Он слишком красиво писал, слишком красиво. Так нельзя. Эта его красота - как яд. Выливалась в реальность, заражала жизнь странной болезнью. «Живи красиво, лети, лети, ну лети же!» «Красота как яд»…. Хм. Вообще, я коллекционирую красоту. Я в ней не очень хорошо разбираюсь, но в баночках с ярлычками (аллюзия на «По эту сторону рая», «апорт», «апорт»…) ее, красоты, уже много, всякой-разной. А вот «красоты как яда» еще не было. Когда я читал Фицджеральда, меня всегда отталкивало от этой красоты. Я не понимал, почему. Я был влюблен. Я и сейчас влюблен. Но мои чувства уже подернуты, к сожалению, опытом. В них нет невинности 17-летнего паренька, который, закрывшись ото всех, прочитывал фразу «изумрудные глаза трагедии», отчего
случалась остановка сердца. Временная, но-таки остановка. Опыт, опыт говорит мне, что это яд. Красота текстов Фицджеральда, которого я все равно - люблю, люблю, люблю, люблю… - это отрава. Она разливается по вашим сосудам, и повергает в оцепенение. Не мудрено, что красота, выписанная этим гением, отравила собственную же его судьбу. Слишком свежая краска очень ядовита. А уж красота…Красота, сука, красота! Её пары убийственны. Фицджеральд писал слишком красиво, именно это его и сгубило. Оставьте легенды про склонность к пьянству, безумие жены и прочие романтические факты биографии выполнять роль рюшечек к тайне. Тайна в чернилах, которыми писал Фицджеральд. В ленте его печатной машинки. Гофман или По обязательно придумали бы, что в чернила был влит
яд, а машинную ленту поставлял безумец-ученый с соседней улочки. Но все слишком просто. Все слишком просто и страшно. Красота - самый страшный яд на свете. Она божественна, волшебна, добра, да, все это тысячу раз «да» (у меня много баночек с разными ярлычками, и я знаю, о чем говорю; как, к примеру, Набоков разбирался в бабочках). Но все-таки убийственна.  (Справа Зельда Сэйр, танцовщица)

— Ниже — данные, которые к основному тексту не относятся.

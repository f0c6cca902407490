-- ===== src/Service/Quotes.antt =====
-- What the best-bid-and-offer stream and the status say of a published book.
use home_assignment.Common.{
  Bool, true, false, List, [], ◌∷◌, map, ◌≡◌, refl, sym, ap, ◌∙◌, some, not, ◌||◌, Bool-cases, inl,
  inr,
}
use home_assignment.Common.Lists.{All}
use home_assignment.Common.Int.{ℤ, pos, ◌+ℤ◌, eq_ℤ}
use home_assignment.Book.Invariant.{invariant-Ordered}
use home_assignment.Ladder.{MergedLevel}
use home_assignment.Analytics.{LadderView, compute_touch, view_best_px}
use home_assignment.Engine.{
  Venue, VenueTouch, VenueState, Engine, ConsolidatedBook, publish_book, contributes, bids_of,
  asks_of,
}
use home_assignment.Engine.Books.{BooksPass}
use home_assignment.Engine.Publishing.{
  Publishes, publish_book-Publishes, fresh_venues, keep_if-BooksPass,
}
use home_assignment.Engine.Touch.{IsSide, sum_qty, touch_of-first, first_qty_of}
use home_assignment.Service.{make_view}
use home_assignment.Service.Messages.{
  Quote, VenueQty, Update, bbo_update, fill_quote, begin_update, fill_touch,
}

abbrev pub sum_venues : List VenueQty → ℤ
sum_venues [] = pos 0
sum_venues (v ∷ vs) = v.qty +ℤ sum_venues vs

sum_venues-touch :
    (ts : List VenueTouch)
    → sum_venues (map (λ t. record { venue = t.venue; qty = t.qty }) ts) ≡ sum_qty ts
sum_venues-touch [] = refl
sum_venues-touch (t ∷ ts) = ap (λ s. t.qty +ℤ s) (sum_venues-touch ts)

-- A message for a book: on each side the venues' quantities add up to the quantity shown, at the
-- price that the touch has.
pub record IsAttributed (u : Update Quote) : Type 0 where
  pub bid_sum : sum_venues u.bid.venues ≡ u.bid.qty
  pub ask_sum : sum_venues u.ask.venues ≡ u.ask.qty
  pub bid_price : u.bid.price ≡ u.touch.best_bid
  pub ask_price : u.ask.price ≡ u.touch.best_ask

fill_quote-sum :
    (side : List MergedLevel) (touch : List VenueTouch)
    → sum_qty touch ≡ first_qty_of side
    → sum_venues (fill_quote side touch).venues ≡ (fill_quote side touch).qty
unfolding fill_quote
fill_quote-sum [] touch h = refl
fill_quote-sum (l ∷ ls) touch h = sum_venues-touch touch ∙ h

fill_quote-price :
    (side : List MergedLevel) (touch : List VenueTouch) (descending : Bool)
    → (fill_quote side touch).price
      ≡ view_best_px (record { levels = side; descending = descending })
unfolding fill_quote view_best_px
fill_quote-price [] touch descending = refl
fill_quote-price (l ∷ ls) touch descending = refl

compute_touch-best :
    (bids asks : LadderView)
    → ((compute_touch bids asks).best_bid ≡ view_best_px bids)
      × ((compute_touch bids asks).best_ask ≡ view_best_px asks)
unfolding compute_touch
compute_touch-best bids asks =
    elim (Bool-cases (
      not (not (eq_ℤ (view_best_px bids) (pos 0)))
      || not (not (eq_ℤ (view_best_px asks) (pos 0))))) [
        | inl one_sided ↦ rw (one_sided) (refl, refl)
        | inr two_sided ↦ rw (two_sided) (refl, refl)
      ]

sides-IsSide :
    (vs : List Venue)
    → BooksPass vs
    → All (λ v. IsSide true v.book.bids) vs × All (λ v. IsSide false v.book.asks) vs
sides-IsSide [] h = (tt, tt)
sides-IsSide (v ∷ vs) h =
    let rest = sides-IsSide vs h.1 in
    (
      ((invariant-Ordered true v.book.bids).0 h.0.0, rest.0),
      ((invariant-Ordered false v.book.asks).0 h.0.1, rest.1),
    )

module _ (e : Engine) (states : List VenueState) (now : ℤ) (r : ConsolidatedBook × Engine)
    (h : BooksPass e.venues) (p : Publishes e states now r) where
  passes : BooksPass (fresh_venues e states now)
  passes = keep_if-BooksPass (contributes e.config.staleness_ns now) e.venues states h

  bid_total : sum_qty r.0.bid_touch ≡ first_qty_of r.0.bids
  bid_total =
      ap sum_qty p.bid_touch
      ∙ touch_of-first true bids_of (fresh_venues e states now) r.0.bids r.0.bids_truncated
          (sides-IsSide (fresh_venues e states now) passes).0 p.bids

  ask_total : sum_qty r.0.ask_touch ≡ first_qty_of r.0.asks
  ask_total =
      ap sum_qty p.ask_touch
      ∙ touch_of-first false asks_of (fresh_venues e states now) r.0.asks r.0.asks_truncated
          (sides-IsSide (fresh_venues e states now) passes).1 p.asks

  message_attributes : IsAttributed (bbo_update r.0)
  unfolding bbo_update begin_update fill_touch make_view
  message_attributes = record {
    bid_sum = fill_quote-sum r.0.bids r.0.bid_touch bid_total;
    ask_sum = fill_quote-sum r.0.asks r.0.ask_touch ask_total;
    bid_price =
        fill_quote-price r.0.bids r.0.bid_touch true
        ∙ sym (compute_touch-best (make_view r.0 true) (make_view r.0 false)).0;
    ask_price =
        fill_quote-price r.0.asks r.0.ask_touch false
        ∙ sym (compute_touch-best (make_view r.0 true) (make_view r.0 false)).1;
  }

-- When every venue's book passes the check, a publish returns a book for which the message of the
-- stream attributes the quantity at each touch to the venues without remainder, at the touch's
-- prices.
pub bbo_update-IsAttributed :
    (e : Engine) (states : List VenueState) (now wall : ℤ)
    → BooksPass e.venues
    → (r : ConsolidatedBook × Engine) × (publish_book e states now wall ≡ some r)
      × IsAttributed (bbo_update r.0)
bbo_update-IsAttributed e states now wall h =
    let (r, is, p) = publish_book-Publishes e states now wall h in
    (r, is, message_attributes e states now r h p)
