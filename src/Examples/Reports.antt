-- ===== src/Examples/Reports.antt =====
-- What the services say of a publish, and the summary of a few latencies.
use home_assignment.Common.{◌+◌, arith, List, [], ◌∷◌, ◌≡◌, some}
use home_assignment.Common.Lists.{take}
use home_assignment.Common.Int.{◌-ℤ◌, ℤ, pos}
use home_assignment.Common.Sort.{sort}
use home_assignment.Common.Text.{codes}
use home_assignment.Engine.{Engine, ConsolidatedBook, live, syncing, publish_book}
use home_assignment.Engine.Latency.{latency, record_all}
use home_assignment.Engine.Percentiles.{Reports, latency-Reports}
use home_assignment.Service.Messages.{bbo_update}
use home_assignment.Service.Quotes.{IsAttributed, bbo_update-IsAttributed}
use home_assignment.Service.Status.{VenueStats, rows, get_venue_status, get_venue_status-rows}
use home_assignment.Examples.Publishing.{engine, engine-BooksPass, states}

-- Five calls and three samples: the ring has gone round.
abbrev calls : List ℤ
calls = pos 5 ∷ pos 9 ∷ pos 2 ∷ pos 40 ∷ pos 7 ∷ []

latency-Reports_example : Reports calls (sort (take 3 calls)) (latency (record_all 3 calls))
latency-Reports_example =
    latency-Reports 3 (pos 5) (pos 9 ∷ pos 2 ∷ pos 40 ∷ pos 7 ∷ []) (omega arith)

bbo_update-IsAttributed_example :
    (r : ConsolidatedBook × Engine) × (publish_book engine states (pos 10000) (pos 77) ≡ some r)
    × IsAttributed (bbo_update r.0)
bbo_update-IsAttributed_example =
    bbo_update-IsAttributed engine states (pos 10000) (pos 77) engine-BooksPass

abbrev feeds : List VenueStats
feeds =
    record {
      name = codes "binance";
      venue_symbol = codes "BTCUSDT";
      state = live;
      messages = 12;
      resyncs = 1;
      sequence_gaps = 0;
      ring_overflows = 0;
      last_recv_ts_ns = pos 9000;
      last_exchange_ts_ns = pos 8000;
    }
    ∷ record {
      name = codes "okx";
      venue_symbol = codes "BTC-USDT";
      state = syncing;
      messages = 3;
      resyncs = 0;
      sequence_gaps = 0;
      ring_overflows = 0;
      last_recv_ts_ns = pos 9000;
      last_exchange_ts_ns = pos 0;
    }
    ∷ []

get_venue_status-rows_example :
    (r : ConsolidatedBook × Engine) × (publish_book engine states (pos 10000) (pos 77) ≡ some r)
    × ((get_venue_status r.1 feeds (pos 1) (pos 2) (pos 3)).venues ≡ rows feeds engine.venues)
    × ((get_venue_status r.1 feeds (pos 1) (pos 2) (pos 3)).published_snapshots
        ≡ engine.published + 1)
    × ((get_venue_status r.1 feeds (pos 1) (pos 2) (pos 3)).server_ts_ns ≡ pos 2)
    × ((get_venue_status r.1 feeds (pos 1) (pos 2) (pos 3)).uptime_ns ≡ pos 3 -ℤ pos 1)
get_venue_status-rows_example =
    get_venue_status-rows engine states (pos 10000) (pos 77) feeds (pos 1) (pos 2) (pos 3)
      engine-BooksPass (omega arith)
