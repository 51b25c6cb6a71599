-- ===== src/Workflows/Execute/Total.antt =====
-- core/src/extensions/workflows/executor.rs, `execute_node`: it always gives an execution.
use root_cx.Prelude.{ℕ, ◌≡◌, refl, ap, ◌∙◌, Option, some, List, Text}
use root_cx.Prelude.Maps.{Map}
use root_cx.Workflows.Json.{Value}
use root_cx.Workflows.Graph.{ControlKind, WorkflowNodeKind, WorkflowNode, WorkflowGraph, Item}
use root_cx.Workflows.Expr.{Engine}
use root_cx.Workflows.Routing.Inputs.{collect_inputs_by_port_lem}
use root_cx.Workflows.Nodes.{flatten, execute_control_node}
use root_cx.Workflows.Nodes.Ports.{execute_switch_lem}
use root_cx.Workflows.Execute.{
  Tools, with_calls, outcome_of, execution_of, execute_with, execute_node,
}

abbrev pub Given {ℓ} : {A : Type ℓ} → Option A → Type ℓ
Given {A = A} o = (a : A) × (o ≡ some a)

execute_control_node_total :
    (engine : Engine) (control : ControlKind) (raw : Value) (items : List Item)
    (ports : List (List Item)) (outputs : Map Value)
    → Given (execute_control_node engine control raw items ports outputs)
unfolding execute_control_node
execute_control_node_total engine ControlKind.branch raw items ports outputs = (_, refl)
execute_control_node_total engine ControlKind.switch raw items ports outputs =
    let (switched, runs, _, _) = execute_switch_lem engine raw outputs items in (_, runs)
execute_control_node_total engine ControlKind.set raw items ports outputs = (_, refl)
execute_control_node_total engine ControlKind.merge raw items ports outputs = (_, refl)
execute_control_node_total engine ControlKind.stop raw items ports outputs = (_, refl)
execute_control_node_total engine ControlKind.loop raw items ports outputs = (_, refl)
execute_control_node_total engine ControlKind.wait raw items ports outputs = (_, refl)

module _ (engine : Engine) (tools : Tools) (exec_id : Text) (node : WorkflowNode)
    (outputs : Map Value) where
  outcome_of_total :
      (kind : WorkflowNodeKind) (ports : List (List Item)) (made : ℕ)
      → Given (outcome_of engine tools exec_id node kind ports outputs made)
  outcome_of_total (WorkflowNodeKind.trigger t) ports made = (_, refl)
  outcome_of_total (WorkflowNodeKind.tool name) ports made = (_, refl)
  outcome_of_total (WorkflowNodeKind.control control) ports made =
      let (o, runs) =
        execute_control_node_total engine control node.params (flatten ports) ports outputs in
      (_, ap (with_calls made) runs)
  outcome_of_total WorkflowNodeKind.code ports made = (_, refl)
  outcome_of_total (WorkflowNodeKind.sub_workflow w) ports made = (_, refl)

  pub execute_node_total :
      (graph : WorkflowGraph) (made : ℕ)
      → Given (execute_node engine tools exec_id node graph outputs made)
  unfolding execute_node
  execute_node_total graph made =
      let (ports, collected, _) = collect_inputs_by_port_lem node.id graph outputs in
      let (o, runs) = outcome_of_total node.kind ports made in
      (
        _,
        ap (execute_with engine tools exec_id node outputs made) collected
            ∙ ap (execution_of node ports) runs,
      )
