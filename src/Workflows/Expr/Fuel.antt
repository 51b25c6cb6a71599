-- ===== src/Workflows/Expr/Fuel.antt =====
-- core/src/extensions/workflows/expr.rs, `interpolate`: each round consumes what it finds.
use root_cx.Prelude.{
  ℕ, zero, suc, ◌≤◌, ◌<◌, ◌≡◌, refl, ap, Bool-cases, inl, inr, some, Option-cases, [], ◌∷◌, ◌++◌,
  Text, drop, length, starts_with, arith,
}
use root_cx.Prelude.Spaces.{trim}
use root_cx.Workflows.Json.{Value}
use root_cx.Workflows.Expr.{opening, closing, split_once, interpolate, eval_js, shown}

length-drop : (n : ℕ) (s : Text) → length (drop n s) ≤ length s
length-drop zero s = omega arith
length-drop (suc n) [] = omega arith
length-drop (suc n) (c ∷ s) = omega (arith, length-drop n s)

split_shorter :
    (s : Text) (p : ℕ) (pat : Text) {before after : Text}
    → split_once s (p ∷ pat) ≡ some (before, after)
    → length after < length s
unfolding split_once
split_shorter [] p pat h = cc
split_shorter (c ∷ s) p pat {before} {after} h = elim (Bool-cases (starts_with (c ∷ s) (p ∷ pat))) [
  | inl t ↦
      let same : drop (length pat) s ≡ after = cc (rw t at h) in
      omega (arith, length-drop (length pat) s, ap (λ (x : Text). length x) same)
  | inr f ↦ elim (Option-cases (split_once s (p ∷ pat))) [
    | inl missing ↦ cc (rw (f, missing) at h)
    | inr ((b, a), found) ↦
        let same : a ≡ after = cc (rw (f, found) at h) in
        omega (arith, split_shorter s p pat found, ap (λ (x : Text). length x) same)
  ]
]

module _ (engine : Text → Value) (show : Value → Text) where
  -- More fuel than the text is long changes nothing: the loop ends of itself.
  interpolate_fuel :
      (f g : ℕ) (s : Text)
      → length s ≤ f
      → length s ≤ g
      → interpolate engine show f s ≡ interpolate engine show g s
  unfolding interpolate split_once
  interpolate_fuel zero zero s hf hg = refl
  interpolate_fuel zero (suc g) [] hf hg = refl
  interpolate_fuel zero (suc g) (c ∷ s) hf hg = absurd (omega arith)
  interpolate_fuel (suc f) zero [] hf hg = refl
  interpolate_fuel (suc f) zero (c ∷ s) hf hg = absurd (omega arith)
  interpolate_fuel (suc f) (suc g) s hf hg = elim (Option-cases (split_once s opening)) [
    | inl missing ↦ rw missing
    | inr ((before, after), found) ↦ elim (Option-cases (split_once after closing)) [
      | inl unclosed ↦
          rw (found, unclosed)
            (ap (λ (t : Text). before ++ (opening ++ t))
              (interpolate_fuel f g after (omega (arith, split_shorter s _ _ found))
                (omega (arith, split_shorter s _ _ found))))
      | inr ((inner, tail), closed) ↦
          rw (found, closed)
            (ap
              (λ (t : Text). before ++ (shown engine show (eval_js engine show (trim inner)) ++ t))
              (interpolate_fuel f g tail
                (omega (arith, split_shorter s _ _ found, split_shorter after _ _ closed))
                (omega (arith, split_shorter s _ _ found, split_shorter after _ _ closed))))
    ]
  ]
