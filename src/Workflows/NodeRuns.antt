-- ===== src/Workflows/NodeRuns.antt =====
-- core/src/extensions/workflows/runner.rs: the rows of workflow_node_runs, and the caches that a run
-- rebuilds from them.
use root_cx.Prelude.{ℕ, Option, none, some, List, [], ◌∷◌, Text, text_eq, if◌then◌else◌}
use root_cx.Prelude.Maps.{Map, empty, insert}
use root_cx.Workflows.Json.{Value}
use root_cx.Workflows.Graph.{WorkflowNodeRunStatus, status_name}
use root_cx.Workflows.Items.{active_ports}

-- A row of workflow_node_runs, of one execution; `node_id` is its key.
pub record NodeRun : Type 0 where
  pub node_id : Text
  pub status : Text
  pub input : Value
  pub output : Option Value
  pub error : Option Text
  pub attempts : ℕ

-- `ON CONFLICT (execution_id, node_id) DO UPDATE`
unfoldable pub upsert : NodeRun → List NodeRun → List NodeRun
upsert new [] = new ∷ []
upsert new (row ∷ rows) =
    let rest = row ∷ upsert new rows in if text_eq row.node_id new.node_id then new ∷ rows else rest

pub record Resume : Type 0 where
  pub active_ports : Map (List ℕ)
  pub run_outputs : Map Value
  pub done : List Text

abbrev pub with_output : Text → Option Value → Resume → Resume
with_output node_id none r = r
with_output node_id (some out) r = record r {
  active_ports = insert node_id (active_ports out) r.active_ports;
  run_outputs = insert node_id out r.run_outputs;
}

abbrev pub add_done : Text → Resume → Resume
add_done node_id r = record r { done = node_id ∷ r.done }

abbrev pub seed_row : NodeRun → Resume → Resume
seed_row row r =
    if text_eq row.status (status_name WorkflowNodeRunStatus.succeeded)
    then add_done row.node_id (with_output row.node_id row.output r)
    else r

unfoldable pub seed_rows : List NodeRun → Resume → Resume
seed_rows [] r = r
seed_rows (row ∷ rows) r = seed_rows rows (seed_row row r)

unfoldable pub seed_resume : List NodeRun → Resume
seed_resume prior =
    seed_rows prior (record { active_ports = empty; run_outputs = empty; done = [] })
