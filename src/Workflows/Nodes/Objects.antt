-- ===== src/Workflows/Nodes/Objects.antt =====
-- core/src/extensions/workflows/executor.rs, `overlay` and `merge_args`: two objects in one.
use root_cx.Prelude.{
  ◌≡◌, refl, sym, ap, ◌∙◌, Bool-cases, inl, inr, Option, none, some, Option-cases, Text, text_eq,
  text_eq_iff, text_eq_sound, if◌then◌else◌, arith,
}
use root_cx.Workflows.Json.{Value, object, Entries, end, entry, lookup, insert_entry, get}
use root_cx.Workflows.Nodes.{
  overlay_entries, overlay, or_insert, fill_entries, merge_args, first_of,
}

pub lookup-insert_entry :
    (key other : Text) (value : Value) (entries : Entries)
    → lookup other (insert_entry key value entries)
      ≡ (if text_eq key other then some value else lookup other entries)
lookup-insert_entry key other value end = refl
lookup-insert_entry key other value (entry k v rest) = ground (
  arith,
  text_eq_iff k key,
  text_eq_iff k other,
  text_eq_iff key other,
  lookup-insert_entry key other value rest,
)

-- No key of an object stands twice.
abbrev pub IsMap : Entries → Type 0
IsMap end = Unit
IsMap (entry k v rest) = (lookup k rest ≡ none) × IsMap rest

lookup-overlay :
    (base patch : Entries) (key : Text)
    → IsMap patch
    → lookup key (overlay_entries base patch) ≡ first_of (lookup key patch) (lookup key base)
unfolding overlay_entries
lookup-overlay base end key m = refl
lookup-overlay base (entry k v patch) key m =
    lookup-overlay (insert_entry k v base) patch key m.1 ∙ elim (Bool-cases (text_eq k key)) [
      | inl t ↦
          let absent = ap (λ (x : Text). lookup x patch) (sym (text_eq_sound k key t)) ∙ m.0 in
          rw (absent, lookup-insert_entry k key v base, t)
      | inr f ↦ rw (lookup-insert_entry k key v base, f)
    ]

lookup-or_insert :
    (k key : Text) (v : Value) (base : Entries)
    → lookup key (or_insert k v base)
      ≡ first_of (lookup key base) (if text_eq k key then some v else none)
lookup-or_insert k key v base = elim (Option-cases (lookup k base)) [
  | inr (old, found) ↦ rw found (ground (arith, text_eq_iff k key, found))
  | inl absent ↦
      rw absent (ground (arith, text_eq_iff k key, lookup-insert_entry k key v base, absent))
]

first_of_assoc : (a b c : Option Value) → first_of (first_of a b) c ≡ first_of a (first_of b c)
first_of_assoc none b c = refl
first_of_assoc (some v) b c = refl

lookup-fill :
    (base input : Entries) (key : Text)
    → lookup key (fill_entries base input) ≡ first_of (lookup key base) (lookup key input)
unfolding fill_entries
lookup-fill base end key = ground arith
lookup-fill base (entry k v input) key =
    lookup-fill (or_insert k v base) input key
    ∙ ap (λ (o : Option Value). first_of o (lookup key input)) (lookup-or_insert k key v base)
    ∙ first_of_assoc (lookup key base) _ (lookup key input)
    ∙ ap (first_of (lookup key base)) (one_more k v)
  where
    one_more :
        (k : Text) (v : Value)
        → first_of (if text_eq k key then some v else none) (lookup key input)
          ≡ (if text_eq k key then some v else lookup key input)
    one_more k v = ground arith

-- Two objects in one: of a key that both have, `overlay` keeps the value of the second and `merge_args`
-- that of the first, so that an item's data never replaces what the node's parameters say. A key that
-- one of them has alone keeps its value, and there are no others.
pub overlay-merge_args :
    (a b : Entries) (key : Text)
    → IsMap b
    → (get key (overlay (object a) (object b)) ≡ first_of (lookup key b) (lookup key a))
      × (get key (merge_args (object a) (object b)) ≡ first_of (lookup key a) (lookup key b))
overlay-merge_args a b key m = (lookup-overlay a b key m, lookup-fill a b key)
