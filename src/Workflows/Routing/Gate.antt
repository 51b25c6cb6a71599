-- ===== src/Workflows/Routing/Gate.antt =====
-- core/src/extensions/workflows/executor.rs, `should_execute`.
use root_cx.Prelude.{
  ℕ, ◌≡◌, ◌↔◌, ◌≢◌, refl, sym, ap, subst, ◌∙◌, ◌⊎◌, inl, inr, Bool, true, Bool-cases, Option, none,
  some, List, [], ◌∷◌, Memᴰ, Text, text_eq, text_eq_sound, text_eq_refl, keep, any_witness,
  any_of_mem, ◌==◌, ==_iff, ==_refl,
}
use root_cx.Prelude.Maps.{Map}
use root_cx.Workflows.Graph.{WorkflowEdge, WorkflowGraph}
use root_cx.Workflows.Routing.{find_node, is_trigger, inbound, active_at, routed, should_execute}

keep_sound {ℓ} :
    {A : Type ℓ} (p : A → Bool) (xs : List A) {x : A}
    → Memᴰ x (keep p xs)
    → Memᴰ x xs × (p x ≡ true)
keep_sound p [] m = elim m [ ]
keep_sound p (y ∷ xs) m = elim (Bool-cases (p y)) [
  | inr f ↦ let (at, t) = keep_sound p xs (rw f at m) in (Memᴰ.tail at, t)
  | inl t ↦ elim (rw t at m) [
    | Memᴰ.head e ↦ (Memᴰ.head e, ap p e ∙ t)
    | Memᴰ.tail m' ↦ let (at, u) = keep_sound p xs m' in (Memᴰ.tail at, u)
  ]
]

pub keep_of_mem {ℓ} :
    {A : Type ℓ} (p : A → Bool) (xs : List A) {x : A} → Memᴰ x xs → p x ≡ true → Memᴰ x (keep p xs)
keep_of_mem p [] m t = elim m [ ]
keep_of_mem p (y ∷ xs) (Memᴰ.head e) t = rw (ap p (sym e) ∙ t) (Memᴰ.head e)
keep_of_mem p (y ∷ xs) (Memᴰ.tail m) t = elim (Bool-cases (p y)) [
  | inl k ↦ rw k (Memᴰ.tail (keep_of_mem p xs m t))
  | inr d ↦ rw d (keep_of_mem p xs m t)
]

-- An edge into the node whose port is active.
abbrev pub Entered : Text → WorkflowGraph → Map (List ℕ) → Type 0
Entered id graph active_ports =
    (e : WorkflowEdge) × Memᴰ e graph.edges
    × (e.to ≡ id)
    × ((ports : List ℕ) × (active_ports e.from ≡ some ports) × Memᴰ e.from_output ports)

-- A trigger that no edge leads into.
abbrev pub Started : Text → WorkflowGraph → Type 0
Started id graph =
    ((e : WorkflowEdge) → Memᴰ e graph.edges → e.to ≢ id)
    × (is_trigger (find_node id graph.nodes) ≡ true)

active_at-ports :
    (o : Option (List ℕ)) (port : ℕ)
    → active_at o port ≡ true
    → (ports : List ℕ) × (o ≡ some ports) × Memᴰ port ports
active_at-ports none port h = cc
active_at-ports (some ports) port h =
    let (p, m, e) = any_witness (λ p. p == port) ports h in
    (ports, refl, subst (λ (q : ℕ). Memᴰ q ports) ((==_iff p port).0 e) m)

active_of_mem :
    (o : Option (List ℕ)) (port : ℕ) {ports : List ℕ}
    → o ≡ some ports
    → Memᴰ port ports
    → active_at o port ≡ true
active_of_mem o port {ports} e m = rw e (any_of_mem (λ p. p == port) ports m (==_refl port))

module _ (id : Text) (graph : WorkflowGraph) (active_ports : Map (List ℕ)) where
  inbound_to : {e : WorkflowEdge} → Memᴰ e (inbound id graph) → Memᴰ e graph.edges × (e.to ≡ id)
  inbound_to {e} m =
      let (at, t) = keep_sound (λ (e : WorkflowEdge). text_eq e.to id) graph.edges m in
      (at, text_eq_sound e.to id t)

  inbound_of : {e : WorkflowEdge} → Memᴰ e graph.edges → e.to ≡ id → Memᴰ e (inbound id graph)
  inbound_of m same =
      keep_of_mem (λ (e : WorkflowEdge). text_eq e.to id) graph.edges m (rw same (text_eq_refl id))

  routed_sound :
      (edges : List WorkflowEdge) (trigger : Bool)
      → routed edges trigger active_ports ≡ true
      → ((edges ≡ []) × (trigger ≡ true))
        ⊎ ((e : WorkflowEdge) × Memᴰ e edges
            × (active_at (active_ports e.from) e.from_output ≡ true))
  routed_sound [] trigger h = inl (refl, h)
  routed_sound (e ∷ edges) trigger h = inr (any_witness _ (e ∷ edges) h)

  routed_active :
      (edges : List WorkflowEdge) (trigger : Bool) {e : WorkflowEdge}
      → Memᴰ e edges
      → active_at (active_ports e.from) e.from_output ≡ true
      → routed edges trigger active_ports ≡ true
  routed_active [] trigger m t = elim m [ ]
  routed_active (f ∷ edges) trigger m t =
      any_of_mem (λ (e : WorkflowEdge). active_at (active_ports e.from) e.from_output) (f ∷ edges) m
        t

  no_edges : (edges : List WorkflowEdge) → ((e : WorkflowEdge) → ¬ Memᴰ e edges) → edges ≡ []
  no_edges [] h = refl
  no_edges (e ∷ edges) h = absurd (h e (Memᴰ.head refl))

  runs_sound :
      should_execute id graph active_ports ≡ true → Started id graph ⊎ Entered id graph active_ports
  unfolding should_execute
  runs_sound h = elim (routed_sound (inbound id graph) _ h) [
    | inl (empty, trigger) ↦
        inl (
          (λ e m same. elim (subst (λ edges. Memᴰ e edges) empty (inbound_of m same)) [ ]),
          trigger,
        )
    | inr (e, m, t) ↦
        let (at, same) = inbound_to m in
        inr (e, at, same, active_at-ports (active_ports e.from) e.from_output t)
  ]

  runs_complete :
      Started id graph ⊎ Entered id graph active_ports → should_execute id graph active_ports ≡ true
  unfolding should_execute
  runs_complete (inl (no_edge, trigger)) =
      rw (no_edges (inbound id graph) (λ e m. let (at, same) = inbound_to m in no_edge e at same))
        trigger
  runs_complete (inr (e, m, same, (ports, found, port))) =
      routed_active (inbound id graph) _ (inbound_of m same)
        (active_of_mem (active_ports e.from) e.from_output found port)

-- A node runs exactly when it is a trigger into which no edge leads, or when some edge leads into it
-- from an active port.
pub should_execute_iff :
    (id : Text) (graph : WorkflowGraph) (active_ports : Map (List ℕ))
    → (should_execute id graph active_ports ≡ true)
      ↔ (Started id graph ⊎ Entered id graph active_ports)
should_execute_iff id graph active_ports =
    (runs_sound id graph active_ports, runs_complete id graph active_ports)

А я все равно ее люблю. Красоту. Ага. Все равно. Сейчас вброшу в этот текст цитату из Овидия, и закончим на этом. Любите Фицджеральда. Он, черт возьми, заслужил вашу любовь. Он всяко заслужил вашу и чью бы-то ни было любовь. Потому что писал, подлец, слишком красиво для нашего века. Не в этой жизни и не в этих комнатах такой красоте цвести и пахнуть. Наши голоса уже если чего и слишком - то «истлели». Наши голоса превратились в шепот. В вой. В стоны. В невнятное бормотанье. Как же, блин, замечательно, что в 20 веке случились Фицджеральд и Капоте. Они умели - говорить. И делали это красиво...

«То, что дает красоту, само по себе некрасиво».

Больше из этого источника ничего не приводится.